Chapter 5.2, Problem 58E

a.

To determine

To estimate: when Priya is moving toward the motion detector, away from the motion detector.

Answer to Problem 58E

  $0\le \mathrm{t}\le 1.5$ : moving towards the motion detector.

  $2.5\le \mathrm{t}\le 4.5$ : moving away from the motion detector.

  $5.5\le \mathrm{t}\le 8$

: moving towards the motion detector again.

Between 1.5 and 2.5 there is a local minimum, but cannot be sure about the direction at

t = 2.

Between 4.5 and 5.5 there is a local maximum, but cannot be sure about the direction at

t = 5.

Explanation of Solution

Given information: Priya’s distance D in meters from a motion detector is given by the

data in below table.

t (sec)	D (m)	t (sec)	D (m)
0.0	3.36	4.5	3.59
0.5	2.61	5.0	4.15
1.0	1.86	5.5	3.99
1.5	1.27	6.0	3.37
2.0	0.91	6.5	2.58
2.5	1.14	7.0	1.93
3.0	1.69	7.5	1.25
3.5	2.37	8.0	0.67
4.0	3.01

Calculation:

D (t) is increasing when Priya is moving away and decreasing when moving towards the motion detector.

  $0\le \mathrm{t}\le 1.5$ : moving towards the motion detector.

  $2.5\le \mathrm{t}\le 4.5$ : moving away from the motion detector.

  $5.5\le \mathrm{t}\le 8$

: moving towards the motion detector again.

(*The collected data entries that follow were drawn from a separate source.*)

-- ===== src/ControlPlane/Grants.antt =====
-- Session grants: services/control-plane/src/routes/sessions.rs, and the grant and its parts from
-- crates/overlay-protocol/src/messages.rs. The parsers and `trim` of the standard library, and the
-- random identifiers of the uuid crate, are parameters; the clock is an argument, in nanoseconds.
use medium.Common.{
  ℕ, zero, suc, ◌+◌, Bool, true, false, ◌&&◌, ◌||◌, List, [], ◌∷◌, ◌++◌, Option, none, some, Bytes,
  codes, bytes_eq, leb, ◌==◌, if◌then◌else◌, Result, ok, err, ◌>>=◌, ok_or, map_err, ℤ, pos, negsuc,
  rsplit_once, trim_matches, parse_unsigned, show_nat,
}
use medium.Candidates.{
  CandidateKind, direct_tcp, relay_tcp, wss_relay, PeerCandidate, IceCandidateKind, host, srflx,
  relay, ice_kind_name, IceCandidate, IpAddr, v4, v6, is_loopback_v4,
}
use medium.SessionToken.{
  Crypto, TokenError, minutes, session_token_ttl_minutes, issue_session_token,
}
use medium.ControlPlane.Registry.{
  RegistryStore, RegistryError, ServiceEndpoint, ServiceRoute, resolve_service_route,
  resolve_node_service_route,
}

pub record SessionOpenRequest : Type 0 where
  pub service_id : Bytes
  pub requester_device_id : Bytes
  pub node_id : Option Bytes

pub record IceCredentials : Type 0 where
  pub ufrag : Bytes
  pub pwd : Bytes
  pub expires_at : ℕ

pub record IceSessionGrant : Type 0 where
  pub credentials : IceCredentials
  pub candidates : List IceCandidate

pub record SessionAuthorization : Type 0 where
  pub token : Bytes
  pub expires_at : ℕ
  pub candidates : List PeerCandidate
  pub ice : Option IceSessionGrant

pub record SessionOpenGrant : Type 0 where
  pub session_id : Bytes
  pub service_id : Bytes
  pub node_id : Bytes
  pub relay_hint : Option Bytes
  pub authorization : SessionAuthorization

pub record SessionSettings : Type 0 where
  pub registry : RegistryStore
  pub shared_secret : Bytes
  pub relay_addr : Option Bytes
  pub wss_relay_url : Option Bytes
  pub ice_relay_addr : Option Bytes

pub data GrantError : Type 0 where
  no_route : RegistryError → GrantError
  no_token : TokenError → GrantError
  not_host_port empty_host invalid_port : GrantError

-- What `parse` and `trim` do; a socket address is its host as a text, and its port.
pub record Parsers : Type 0 where
  pub parse_socket_addr : Bytes → Option (Bytes × ℕ)
  pub parse_ip : Bytes → Option IpAddr
  pub trim : Bytes → Bytes

-- The three `Uuid::new_v4` of a grant.
pub record Ids : Type 0 where
  pub session : Bytes
  pub ufrag : Bytes
  pub pwd : Bytes

abbrev pub is_private : Bytes → Bool
is_private (a ∷ b ∷ rest) = a == 10 || (a == 172 && leb 16 b && leb b 31) || (a == 192 && b == 168)
is_private _ = false

abbrev pub is_link_local : Bytes → Bool
is_link_local (a ∷ b ∷ rest) = a == 169 && b == 254
is_link_local _ = false

abbrev pub zeros : ℕ → Bytes → Bytes
zeros zero rest = rest
zeros (suc n) rest = 0 ∷ zeros n rest

-- fe80::/10.
abbrev pub is_unicast_link_local : Bytes → Bool
is_unicast_link_local (a ∷ b ∷ rest) = a == 254 && leb 128 b && leb b 191
is_unicast_link_local _ = false

-- fc00::/7.
abbrev pub is_ipv6_unique_local : Bytes → Bool
is_ipv6_unique_local (a ∷ rest) = leb 252 a && leb a 253
is_ipv6_unique_local [] = false

unfoldable pub classify_ip : IpAddr → IceCandidateKind
classify_ip (v4 ip) =
    if is_private ip || is_loopback_v4 ip || is_link_local ip || bytes_eq ip (zeros 4 [])
    then host
    else srflx
classify_ip (v6 ip) =
    if bytes_eq ip (zeros 15 (1 ∷ []))
      || is_unicast_link_local ip
      || is_ipv6_unique_local ip
      || bytes_eq ip (zeros 16 [])
    then host
    else srflx

abbrev pub is_bracket : ℕ → Bool
is_bracket c = c == 91 || c == 93

abbrev pub is_empty : Bytes → Bool
is_empty [] = true
is_empty (b ∷ bytes) = false

-- `max(0) as u32`.
abbrev pub priority_of : ℤ → ℕ
priority_of (pos n) = n
priority_of (negsuc n) = 0

abbrev pub colon : ℕ
colon = 58

abbrev pub relay_candidate : Bytes × ℕ → IceCandidate
relay_candidate (addr, port) = record {
  foundation = codes "relay-udp-1";
  component = 1;
  transport = codes "udp";
  priority = 10;
  addr = addr;
  port = port;
  kind = relay;
  related_addr = none;
  related_port = none;
}

abbrev pub ice_grant : Ids → ℕ → List IceCandidate → Option IceSessionGrant
ice_grant ids now [] = none
ice_grant ids now (c ∷ cs) = some (record {
  credentials = record {
    ufrag = codes "m" ++ ids.ufrag;
    pwd = codes "m" ++ ids.pwd;
    expires_at = now + minutes session_token_ttl_minutes;
  };
  candidates = c ∷ cs;
})

abbrev pub candidate : CandidateKind → ℕ → Bytes → PeerCandidate
candidate kind priority addr = record { kind = kind; addr = addr; priority = pos priority }

abbrev pub push_candidate : CandidateKind → Option Bytes → List PeerCandidate
push_candidate kind none = []
push_candidate kind (some addr) = candidate kind 10 addr ∷ []

abbrev pub or_addr : Option Bytes → Option Bytes → Option Bytes
or_addr (some addr) other = some addr
or_addr none other = other

abbrev pub route_for : SessionOpenRequest → RegistryStore → Result RegistryError ServiceRoute
route_for request registry = elim request.node_id [
  | some node_id ↦ resolve_node_service_route node_id request.service_id registry
  | none ↦ resolve_service_route request.service_id registry
]

module _ (p : Parsers) where
  unfoldable pub classify_node_udp_candidate : Bytes → IceCandidateKind
  classify_node_udp_candidate addr = elim (p.parse_ip addr) [
    | some ip ↦ classify_ip ip
    | none ↦ srflx
  ]

  abbrev pub host_port : Bytes × Bytes → Result GrantError (Bytes × ℕ)
  host_port (name, port) =
      if is_empty (p.trim name)
      then err empty_host
      else (ok_or (parse_unsigned 65535 port) invalid_port >>= λ port.
          ok (trim_matches is_bracket name, port))

  unfoldable pub parse_host_port : Bytes → Result GrantError (Bytes × ℕ)
  parse_host_port value = elim (p.parse_socket_addr value) [
    | some addr ↦ ok addr
    | none ↦ ok_or (rsplit_once colon value) not_host_port >>= host_port
  ]

  -- The candidate of one endpoint of the node, the `index`-th from 0.
  unfoldable pub node_candidate : ℕ → ServiceEndpoint → Bytes × ℕ → IceCandidate
  node_candidate index endpoint (addr, port) =
      let kind = classify_node_udp_candidate addr in
      record {
        foundation = ice_kind_name kind ++ (codes "-udp-" ++ show_nat (index + 1));
        component = 1;
        transport = codes "udp";
        priority = priority_of endpoint.priority;
        addr = addr;
        port = port;
        kind = kind;
        related_addr = none;
        related_port = none;
      }

  unfoldable pub node_candidates : ℕ → List ServiceEndpoint → Result GrantError (List IceCandidate)
  node_candidates index [] = ok []
  node_candidates index (e ∷ es) = parse_host_port e.addr >>= λ addr.
      node_candidates (suc index) es >>= λ rest. ok (node_candidate index e addr ∷ rest)

  unfoldable pub relay_candidates : Option Bytes → Result GrantError (List IceCandidate)
  relay_candidates none = ok []
  relay_candidates (some addr) = parse_host_port addr >>= λ addr. ok (relay_candidate addr ∷ [])

  unfoldable pub build_ice_grant :
      Ids → ℕ → List ServiceEndpoint → Option Bytes → Result GrantError (Option IceSessionGrant)
  build_ice_grant ids now node_udp_endpoints relay_candidate_addr =
      node_candidates 0 node_udp_endpoints >>= λ candidates.
      relay_candidates relay_candidate_addr >>= λ relays.
      ok (ice_grant ids now (candidates ++ relays))

  unfoldable pub issue_session_grant :
      Crypto → Ids → ℕ → SessionOpenRequest → SessionSettings → Result GrantError SessionOpenGrant
  issue_session_grant c ids now request settings =
      map_err no_route (route_for request settings.registry) >>= λ route.
      let session_id = codes "sess_" ++ ids.session in
      map_err no_token (
        issue_session_token c now settings.shared_secret session_id request.service_id
          route.node_id)
      >>= λ token.
          let candidates =
            candidate direct_tcp 100 route.tcp_addr
            ∷ (push_candidate relay_tcp settings.relay_addr
                ++ push_candidate wss_relay settings.wss_relay_url) in
          build_ice_grant ids now route.ice_udp_endpoints
            (or_addr settings.ice_relay_addr settings.relay_addr)
          >>= λ ice. ok (record {
            session_id = session_id;
            service_id = request.service_id;
            node_id = route.node_id;
            relay_hint = settings.relay_addr;
            authorization = record {
              token = token;
              expires_at = now + minutes session_token_ttl_minutes;
              candidates = candidates;
              ice = ice;
            };
          })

Between 1.5 and 2.5 there is a local minimum, but cannot be sure about the direction at

t = 2.

Between 4.5 and 5.5 there is a local maximum, but cannot be sure about the direction at

t = 5.

b.

To determine

To give: an interpretation of any local extreme values in term of this problem situation.

Answer to Problem 58E

At t = 2 Priya is at relative minimum distance to the detector . At t = 5 Priya is at a relative maximum distance from the detector.

Explanation of Solution

Calculation:

At t = 2 Priya is at relative minimum distance to the detector . At t = 5 Priya is at a relative maximum distance from the detector.

c.

To determine

To find: a cubic regression equation for the table data and superimpose its graph on a scatter plot of the data.

Answer to Problem 58E

  $\mathrm{D}=\mathrm{f}(\mathrm{t})=-0.0819505{\mathrm{t}}^{{}^3}+0.916182{\mathrm{t}}^2-2.51261\mathrm{t}+\mathrm{3.37794.}$

Explanation of Solution

Calculation:

The cubic regression equation for the table data using graphing utility is:

  $\mathrm{D}=\mathrm{f}(\mathrm{t})=-0.0819505{\mathrm{t}}^{{}^3}+0.916182{\mathrm{t}}^2-2.51261\mathrm{t}+\mathrm{3.37794.}$

The graph of the above model is shown below.

  

d.

To determine

To find: a formula for f’ using the model in part (c) and use this formula to estimate the answers to (a).

Answer to Problem 58E

Interval:

(0, 1.8) − moving towards door.

(1.8, 5.6) − moving away.

(5.6, 8) − moving towards.

Explanation of Solution

Given information: $\mathrm{D}=\mathrm{f}(\mathrm{t})=-0.0819505{\mathrm{t}}^{{}^3}+0.916182{\mathrm{t}}^2-2.51261\mathrm{t}+\mathrm{3.37794.}$

Calculation:

  $\begin{array}{l}\mathrm{f}(\mathrm{t})=-0.0819505{\mathrm{t}}^{{}^3}+0.916182{\mathrm{t}}^2-2.51261\mathrm{t}+\mathrm{3.37794.}\\ \mathrm{f}\text{'}(\mathrm{t})=-0.245852{\mathrm{t}}^2+1.83236\mathrm{t}-2.51261\end{array}$

The graph of the f’ (t) is shown below.

  

From the graph:

When f’ (t) < 0 .the distance f (t) is decreasing.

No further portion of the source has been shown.